Left ventricular hypertrophy is related to various clinical and anthropologic parameters. Data from the Framingham Heart Study revealed that subjects with LVH tend to be older, more obese and have higher BP, lower systolic function, and preexistent coronary artery disease (CAD), all of which implicate a high-risk population.4) Moreover, age, height, systolic BP, and body mass index (BMI) were the independent predictors of left ventricular mass (LVM) in the Framingham population.5)
There has been considerable interest regarding the association of biochemical parameters such as bilirubin and uric acid, with changed cardiovascular risk in hypertensive patients. Normally, serum uric acid (SUA) is an important antioxidant and a free radical scavenger.6) However, under ischemic conditions, xanthine dehydrogenase, rather than xanthine oxidase, generates SUA, which facilitates pro-oxidant and pro-inflammatory effects due to the generation of free radicals. Therefore, SUA seems to have a paradoxical effect depending on local ischemia, which may justify its relation to increased cardiovascular risk in certain populations.7) Accordingly, elevated SUA markedly increases coronary heart disease and is a predictor of either all-cause or cardiovascular mortality.8) Bilirubin, the final product of heme metabolism, has gained attention, owing to its powerful antioxidant activity, especially in physiologic oxygen concentrations.9) Several studies have demonstrated that bilirubin is negatively associated with the severity and extent of CAD, and acts as a predictor of cardiovascular morbidity and mortality.10) Concordantly, higher bilirubin values confer cardioprotection.11) Waist circumference, an important measure of abdominal obesity, is closely related to metabolic syndrome and cardiovascular disease and is an independent predictor of cardiovascular events.12)
The prevalence of LVH differs with respect to BP, age, obesity, and gender. Increased LVM ranges from a prevalence of 20% in uncomplicated HT to almost 100% in severe or complicated HT.13) Since LVH is an important marker of cardiovascular disease, we intended to investigate the association of LVM with carotid intima-media thickness (CIMT) and brachial flow-mediated dilation (FMD) as surrogates of atherosclerosis and endothelial dysfunction, respectively.

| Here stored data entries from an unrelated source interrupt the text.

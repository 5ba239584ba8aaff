-- ===== src/Store/Access/Grants.antt =====
-- access_sessions.go: the operations that compare times. A session is live while it is active, not
-- expired, seen after the idle cutoff, and its login session is all that too, of an enabled user.
use device_management_platfo.Base.{
  ℕ, ◌+◌, String, Bool, false, ◌&&◌, ◌||◌, not, none, some, List, ◌==◌, leb, eqb, if◌then◌else◌,
  is_none, is_some, find, select, count, exists, update, Result, ok, err, or_fail, require, ◌>>=◌,
  ◌>>◌,
}
use device_management_platfo.Store.Schema.{
  Db, AccessSession, AuthSession, expired, is_active, Error, not_found, transaction, TextOrder,
}
use device_management_platfo.Store.Access.{
  EndpointRoute, endpoint_route, joins, has_device, is_user, enabled_user,
  access_activity_touch_interval, close_session,
}

unfoldable pub see_session : ℕ → AccessSession → AccessSession
see_session now s = record s { last_seen_at = now }

unfoldable pub see_auth : ℕ → AuthSession → AuthSession
see_auth now a = record a { last_seen_at = now }

-- The two UPDATEs at the end of ResolveAccessGrant, half a minute after the last ones at most.
unfoldable pub touch_both : AccessSession → ℕ → Db → Db
unfolding see_session see_auth
touch_both s now db =
    if leb (s.last_seen_at + access_activity_touch_interval) now
    then record db {
      access_sessions = update (λ r. r.id == s.id) (see_session now) db.access_sessions;
      auth_sessions =
          update (λ a. a.id == s.auth_session_id && is_active a.status) (see_auth now)
            db.auth_sessions;
    }
    else db

unfoldable pub mark_exchanged : ℕ → AccessSession → AccessSession
mark_exchanged now s = record s { grant_exchanged_at = some now }

module _ (later : TextOrder) where
  -- The EXISTS over auth_sessions and users that the statements share.
  unfoldable pub auth_live : Db → ℕ → ℕ → AccessSession → Bool
  auth_live db now cutoff s =
      exists
        (λ a.
          a.id == s.auth_session_id
          && is_user s.user_id a.user_id
          && is_active a.status
          && later a.expires_at now
          && later a.last_seen_at cutoff
          && enabled_user db a.user_id)
        db.auth_sessions

  unfoldable pub live : Db → ℕ → ℕ → AccessSession → Bool
  live db now cutoff s =
      is_active s.status
      && later s.expires_at now
      && later s.last_seen_at cutoff
      && auth_live db now cutoff s

  unfoldable pub exchangeable : Db → String → String → ℕ → ℕ → AccessSession → Bool
  exchangeable db token_hash grant_hash now cutoff s =
      s.token_hash == token_hash
      && s.grant_hash == grant_hash
      && is_none s.grant_exchanged_at
      && live db now cutoff s

  unfoldable pub resolvable : Db → String → String → ℕ → ℕ → AccessSession → Bool
  resolvable db token_hash grant_hash now cutoff s =
      s.token_hash == token_hash
      && s.grant_hash == grant_hash
      && is_some s.grant_exchanged_at
      && live db now cutoff s
      && joins db s

  unfoldable pub resolve_access_grant :
      String → String → ℕ → ℕ → Db → Db × Result Error (AccessSession × EndpointRoute)
  unfolding touch_both see_session
  resolve_access_grant token_hash grant_hash now cutoff db = transaction db (do
    s ← or_fail not_found (find (resolvable db token_hash grant_hash now cutoff) db.access_sessions)
    route ← endpoint_route db s.endpoint_id
    ok (touch_both s now db, (see_session now s, route)))

  -- `now` is read before the UPDATE, `then` by ResolveAccessGrant.
  unfoldable pub exchange_access_grant :
      String → String → ℕ → ℕ → ℕ → Db → Db × Result Error (AccessSession × EndpointRoute)
  unfolding mark_exchanged
  exchange_access_grant token_hash grant_hash now then_ cutoff db =
      let hit = exchangeable db token_hash grant_hash now cutoff in
      let db' = record db {
        access_sessions = update hit (mark_exchanged now) db.access_sessions;
      } in
      let resolved = resolve_access_grant token_hash grant_hash then_ cutoff db' in
      if eqb (count hit db.access_sessions) 1 then resolved else (db', err not_found)

  unfoldable pub touchable : Db → String → ℕ → ℕ → AccessSession → Bool
  touchable db session_id now cutoff s = s.id == session_id && live db now cutoff s

  -- WHERE id = (SELECT auth_session_id FROM access_sessions WHERE id = ?)
  unfoldable pub touched_auth : Db → String → ℕ → AuthSession → Bool
  touched_auth db session_id now a =
      elim (find (λ s. s.id == session_id) db.access_sessions) [
        | none ↦ false
        | some s ↦ a.id == s.auth_session_id
      ]
      && is_active a.status
      && later a.expires_at now

  unfoldable pub touch_access_session : String → ℕ → ℕ → Db → Db × Result Error (Unit {0})
  unfolding see_session see_auth
  touch_access_session session_id now cutoff db =
      let hit = touchable db session_id now cutoff in
      let sessions = update hit (see_session now) db.access_sessions in
      let db' = record db { access_sessions = sessions } in
      transaction db (do
        require not_found (eqb (count hit db.access_sessions) 1)
        require not_found (eqb (count (touched_auth db' session_id now) db.auth_sessions) 1)
        ok (
          record db' {
            auth_sessions =
                update (touched_auth db' session_id now) (see_auth now) db.auth_sessions;
          },
          tt,
        ))

  -- The rows of ListActiveAccessSessions, without their order.
  unfoldable pub list_active_access_sessions : ℕ → ℕ → Db → List AccessSession
  list_active_access_sessions now cutoff db =
      select (λ s. live db now cutoff s && has_device db s) db.access_sessions

  unfoldable pub expirable : Db → ℕ → ℕ → AccessSession → Bool
  expirable db now cutoff s =
      is_active s.status
      && (not (later s.expires_at now)
          || not (later s.last_seen_at cutoff)
          || not (auth_live db now cutoff s))

  unfoldable pub expire_access_sessions : ℕ → ℕ → Db → Db × ℕ
  expire_access_sessions now cutoff db = (
    record db {
      access_sessions =
          update (expirable db now cutoff) (close_session expired now) db.access_sessions;
    },
    count (expirable db now cutoff) db.access_sessions,
  )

Moreover, we planned to evaluate the determinants of LVH among several anthropometric and biochemical parameters in previously untreated hypertensive patients.

Subjects and Methods

Patient population and inclusion criteria

Our cross-sectional study included 114 consecutive previously untreated hypertensive patients who underwent echocardiography and ultrasonography to evaluate their vascular status and function by measuring CIMT and FMD of brachial artery.
The study was performed in accordance with the principles stated in the Declaration of Helsinki and approved by the local Ethics Committee. Patients gave informed consent prior to enrollment.
Patients with previous coronary artery, peripheral vascular, and cerebrovascular disease, left ventricular systolic dysfunction, renal failure, hepatic or cholestatic disease, hematological disorders, secondary HT, infectious disease, hyperuricemia, malignancy, and patients previously treated for HT were excluded.
Blood pressure values were obtained by the traditional auscultatory method. Resting BP values were obtained at a physician's office and echocardiography room by the traditional auscultatory method using a sphygmomanometer. Patients were advised to refrain from smoking or consumption of coffee or tea and physical exercise, 30 minutes prior to the measurement. Following a five-minute rest, two separate measurements were averaged to determine office BP.
Baseline characteristics of the patients were recorded. HT was defined as the documentation of BP more than 140/90 mm Hg. Diabetes mellitus was defined as fasting plasma glucose levels over 126 mg/dL or a glucose level over 200 mg/dL under any measurement, or active use of antidiabetic treatment. Patients who were using tobacco products on admission to our hospital and those quit smoking within the last year were considered to be smokers. BMI was calculated by the following formula: BMI=weight (kg)/height2 (m). Metabolic syndrome score was calculated according to current criteria.14) Since all patients were hypertensive, they all had at least 1 point for the metabolic syndrome score. Additional points were added per patient if they fulfilled the following criteria: waist circumference >102 cm in males and >88 cm in females, high density lipoprotein-cholesterol (HDL-C) <40 mg/dL in males or <50 mg/dL in females, triglycerides ≥150/mg/dL, and fasting glucose ≥100 mg/dL, or use of antidiabetic therapy. Additionally, we used the Turkish Adult Risk Factor Study (TEKHARF) metabolic syndrome criteria, which differs in waist circumference as >95 cm in men, and >91 cm in women.15)

Biochemical analyses

Blood samples were drawn by venipuncture to measure routine blood chemistry parameters after fasting for at least 8 hours. Fasting blood glucose, serum creatinine, uric acid levels, total cholesterol, HDL-C, low density lipoprotein-cholesterol, and triglyceride levels were recorded. Glucose, creatinine, uric acid, and lipid profile were determined by an autoanalyzer (Architect c16000, Abbott Laboratories, IL, USA) using the spectrophotometric method. Serum C-reactive protein was analyzed using a nephelometric technique (Beckman Coulter Immage 800; Fullerton, CA, USA; normal range 0-0.8 mg/L).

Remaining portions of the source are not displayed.